Tienes que recordar a tu madre, Jacob, y honrarla. Nunca he amado a una mujer tanto como a ella desde el momento en que la conocí. Para mí era como una mujer judía. No fue ella quien se emperró con los curas y la Iglesia y tu crianza, fueron esos gangsters. Ella sabía la historia bíblica de Ruth. Ruth también era una shiksah[12], aunque perdóname esa palabra, no me gusta usarla. La gente la utiliza como un insulto, pero yo no la uso así con tu madre. Ruth dijo a Noemí, su suegra judía: «Donde tú vayas yo iré; dónde tú te alojes yo me alojaré; tu pueblo será mi pueblo y tu Dios será mi Dios». ¿Quién sabe?, tal vez yo no fuera lo bastante fuerte en mi Dios entonces. Ahora que ha pasado el tiempo y ya soy más viejo y todos van muriendo y estoy tan solo, voy con frecuencia a la sinagoga.

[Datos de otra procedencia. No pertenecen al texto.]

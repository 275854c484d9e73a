-- ===== src/HashTable/Refinement.antt =====
-- include/datastructure/custom_hash_table.h: the table as a partial function from keys to values.
use blockchain_demo.Prelude.{
  ℕ, ◌+◌, ◌-◌, ◌<◌, ◌≡◌, refl, ◌∙◌, ap, true, List, [], Option, none, some, arith, length, get_or,
  set, replicate, All, if◌then◌else◌, Option-cases, inl, inr, length-set, get_or-set, Bool-cases,
  get_or-replicate, length-replicate, ◌==◌, ==_iff,
}
use blockchain_demo.HashTable.Hashing.{Key, ◌===◌}
use blockchain_demo.HashTable.Bucket.{
  Distinct, find-put_bucket, length-put_bucket, Distinct-put_bucket, All-put_bucket,
  find-erase_bucket, length-erase_bucket, Distinct-erase_bucket, All-erase_bucket,
}
use blockchain_demo.HashTable.Layout.{
  IsPlaced, IsPlaced-get_or, IsPlaced-set, IsPlaced-replicate, length-entries-set,
  entries-replicate,
}
use blockchain_demo.HashTable.{
  Entry, Table, new, index, find, put_bucket, erase_bucket, bucket_of, get, contains, write, remove,
  entries,
}

index-lt {ℓ} : {K : Type ℓ} ⦃key : Key K⦄ (k : K) (n : ℕ) → 0 < n → index k n < n
unfolding index
index-lt k n h = omega arith

module _ {ℓ} {K V : Type ℓ} ⦃key : Key K⦄ where
  abbrev pub update : (K → Option V) → K → Option V → K → Option V
  update f k v q = if k === q then v else f q

  -- The table is well formed and holds exactly the function `f`.
  pub record Models (t : Table K V) (f : K → Option V) : Type ℓ where
    pub pos : 0 < length t.buckets
    pub placed : IsPlaced (length t.buckets) 0 t.buckets
    pub counted : t.size ≡ length (entries t.buckets)
    pub reads : (q : K) → get t q ≡ f q

  -- Replacing the bucket of `k` by one that reads as the old one except at `k`.
  abbrev put_back : Table K V → K → List (Entry K V) → ℕ → Table K V
  put_back t k c size = record {
    buckets = set t.buckets (index k (length t.buckets)) c;
    size = size;
  }

  same_home :
      (k q : K) (v : Option V) (c : List (Entry K V)) (i j : ℕ) (bs : List (List (Entry K V)))
      → find q c ≡ (if k === q then v else find q (get_or bs i []))
      → ((k === q) ≡ true → i ≡ j)
      → find q (if i == j then c else get_or bs j [])
        ≡ (if k === q then v else find q (get_or bs j []))
  same_home k q v c i j bs reads same = elim (Bool-cases (i == j)) [
    | inl e ↦ rw (e, ← (==_iff i j).0 e) reads
    | inr e ↦ rw e (ground (arith, same))
  ]

  get-put_back :
      (t : Table K V) (k q : K) (v : Option V) (c : List (Entry K V)) (size : ℕ)
      → 0 < length t.buckets
      → find q c ≡ (if k === q then v else find q (bucket_of t k))
      → get (put_back t k c size) q ≡ (if k === q then v else get t q)
  unfolding get
  get-put_back t k q v c size pos reads =
      rw (length-set, get_or-set t.buckets _ _ c [] (index-lt k (length t.buckets) pos))
        (same_home k q v c (index k (length t.buckets)) (index q (length t.buckets)) t.buckets reads
          (λ e. ap (λ j. index j (length t.buckets)) ((key.equal_iff k q).0 e)))

  put_back-Models :
      (t : Table K V) (f : K → Option V) (k : K) (v : Option V) (c : List (Entry K V)) (size : ℕ)
      → Models t f
      → All (λ e. index e.key (length t.buckets) ≡ index k (length t.buckets)) c
      → Distinct c
      → size + length (bucket_of t k) ≡ t.size + length c
      → ((q : K) → find q c ≡ (if k === q then v else find q (bucket_of t k)))
      → Models (put_back t k c size) (update f k v)
  put_back-Models t f k v c size m placed distinct counted reads = record {
    pos = omega (arith, length-set t.buckets (index k (length t.buckets)) c, m.pos);
    placed = rw length-set (
        IsPlaced-set (length t.buckets) 0 (index k (length t.buckets)) _ c t.buckets placed distinct
          m.placed (omega arith));
    counted = omega (
      arith,
      m.counted,
      counted,
      length-entries-set t.buckets (index k (length t.buckets)) c
          (index-lt k (length t.buckets) m.pos),
    );
    reads = λ q. get-put_back t k q v c size m.pos (reads q) ∙ ground (arith, m.reads q);
  }

  -- The bucket of a key in a well formed table.
  home_of :
      (t : Table K V) (f : K → Option V) (k : K)
      → Models t f
      → All (λ e. index e.key (length t.buckets) ≡ index k (length t.buckets)) (bucket_of t k)
        × Distinct (bucket_of t k)
  home_of t f k m =
      IsPlaced-get_or (length t.buckets) 0 (index k (length t.buckets)) _ t.buckets m.placed
        (omega arith)

  -- A write adds the binding and leaves every other one.
  pub write-Models :
      (t : Table K V) (f : K → Option V) (k : K) (v : V)
      → Models t f
      → Models (write t k v) (update f k (some v))
  unfolding write
  write-Models t f k v m =
      let home = home_of t f k m in
      put_back-Models t f k (some v) (put_bucket k v (bucket_of t k)) _ m
        (All-put_bucket (λ q. index q (length t.buckets) ≡ index k (length t.buckets)) k v
          (bucket_of t k) refl home.0)
        (Distinct-put_bucket k v (bucket_of t k) home.1)
        (ground (arith, length-put_bucket k v (bucket_of t k)))
        (λ q. find-put_bucket k q v (bucket_of t k))

  pub size-write :
      (t : Table K V) (k : K) (v : V)
      → (write t k v).size ≡ elim (get t k) [ none ↦ t.size + 1 | some _ ↦ t.size ]
  unfolding write get
  size-write t k v = refl

  pub length-write :
      (t : Table K V) (k : K) (v : V) → length (write t k v).buckets ≡ length t.buckets
  unfolding write
  length-write t k v = length-set t.buckets _ _

  erase-Models :
      (t : Table K V) (f : K → Option V) (k : K) (v : V)
      → find k (bucket_of t k) ≡ some v
      → Models t f
      → Models (put_back t k (erase_bucket k (bucket_of t k)) (t.size - 1)) (update f k none)
        × (t.size - 1 + 1 ≡ t.size)
  erase-Models t f k v e m =
      let home = home_of t f k m in
      let shorter = length-erase_bucket k (bucket_of t k) v e in
      let fewer =
        length-entries-set t.buckets (index k (length t.buckets)) (erase_bucket k (bucket_of t k))
          (index-lt k (length t.buckets) m.pos) in
      (
        put_back-Models t f k none (erase_bucket k (bucket_of t k)) (t.size - 1) m
            (All-erase_bucket (λ q. index q (length t.buckets) ≡ index k (length t.buckets)) k
              (bucket_of t k) home.0)
            (Distinct-erase_bucket k (bucket_of t k) home.1) (omega (arith, m.counted))
            (λ q. find-erase_bucket k q (bucket_of t k) home.1),
        omega (arith, m.counted),
      )

  absent-Models :
      (t : Table K V) (f : K → Option V) (k : K)
      → get t k ≡ none
      → Models t f
      → Models t (update f k none)
  absent-Models t f k e m = record {
    pos = m.pos;
    placed = m.placed;
    counted = m.counted;
    reads = λ q. ground (arith, m.reads q, m.reads k, key.equal_iff k q);
  }

  -- `Remove` clears the binding of its key alone, lowers `size_` by one if there was one, and
  -- returns whether there was.
  pub remove-Models :
      (t : Table K V) (f : K → Option V) (k : K)
      → Models t f
      → Models (remove t k).0 (update f k none)
        × ((remove t k).1 ≡ contains t k)
        × ((remove t k).0.size + (if contains t k then 1 else 0) ≡ t.size)
  unfolding remove contains get
  remove-Models t f k m = elim (Option-cases (find k (bucket_of t k))) [
    | inl e ↦ rw (e, remove, contains, get) (absent-Models t f k e m, refl, omega arith)
    | inr (v, e) ↦
        let (erased, size) = erase-Models t f k v e m in
        rw (e, remove, contains, get) (erased, refl, size)
  ]

module _ {ℓ} (K V : Type ℓ) ⦃key : Key K⦄ where
  pub replicate-Models :
      (n : ℕ)
      → 0 < n
      → Models {K = K} {V = V} (record { buckets = replicate n []; size = 0 }) (λ _. none)
  unfolding get find
  replicate-Models n h = record {
    pos = omega (arith, length-replicate {A = List (Entry K V)} n []);
    placed = rw length-replicate (IsPlaced-replicate K V n 0 n);
    counted = rw entries-replicate;
    reads = λ q. rw get_or-replicate;
  }

  -- A new table is empty, whatever number of buckets was asked for.
  pub new-Models : (n : ℕ) → Models {K = K} {V = V} (new n) (λ _. none)
  unfolding new
  new-Models n = replicate-Models _ (ground arith)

Hace dos días fui a un funeral. Diamond. ¿Le recuerdas? El del delicatessen donde algunas veces te llevaba yo a comer. Murió. Fui al funeral porque pertenecemos a la misma sinagoga. Ahora asisto a todos los funerales. Sólo faltaré al mío (ja, ja). Ya no soy ningún mozo, Jacob, y quiero que no lo olvides. Estoy bien, sano, con la barriga tan lisa como cuándo tú te amagabas para pegarme cuando íbamos a la playa de Oak Park, y aparte de los dolores, molestias y achaques de perro viejo, estoy bien. Pero ya tengo sesenta y un años y quiero que lo recuerdes por si sucede algo. Hay tantas cosas que nunca te dije como debiera. Eres mi hijo, y quiero que sepas que te tengo mucho afecto. No sé por qué nunca echaste raíces y cogiste un empleo y te casaste y creaste una familia. Pero quién fue a hablar. Yo pasaba de los treinta cuando me casé con tu madre y ella era un poco mayor, así es que tal vez todavía hay esperanza para ti, ¿no, muchacho?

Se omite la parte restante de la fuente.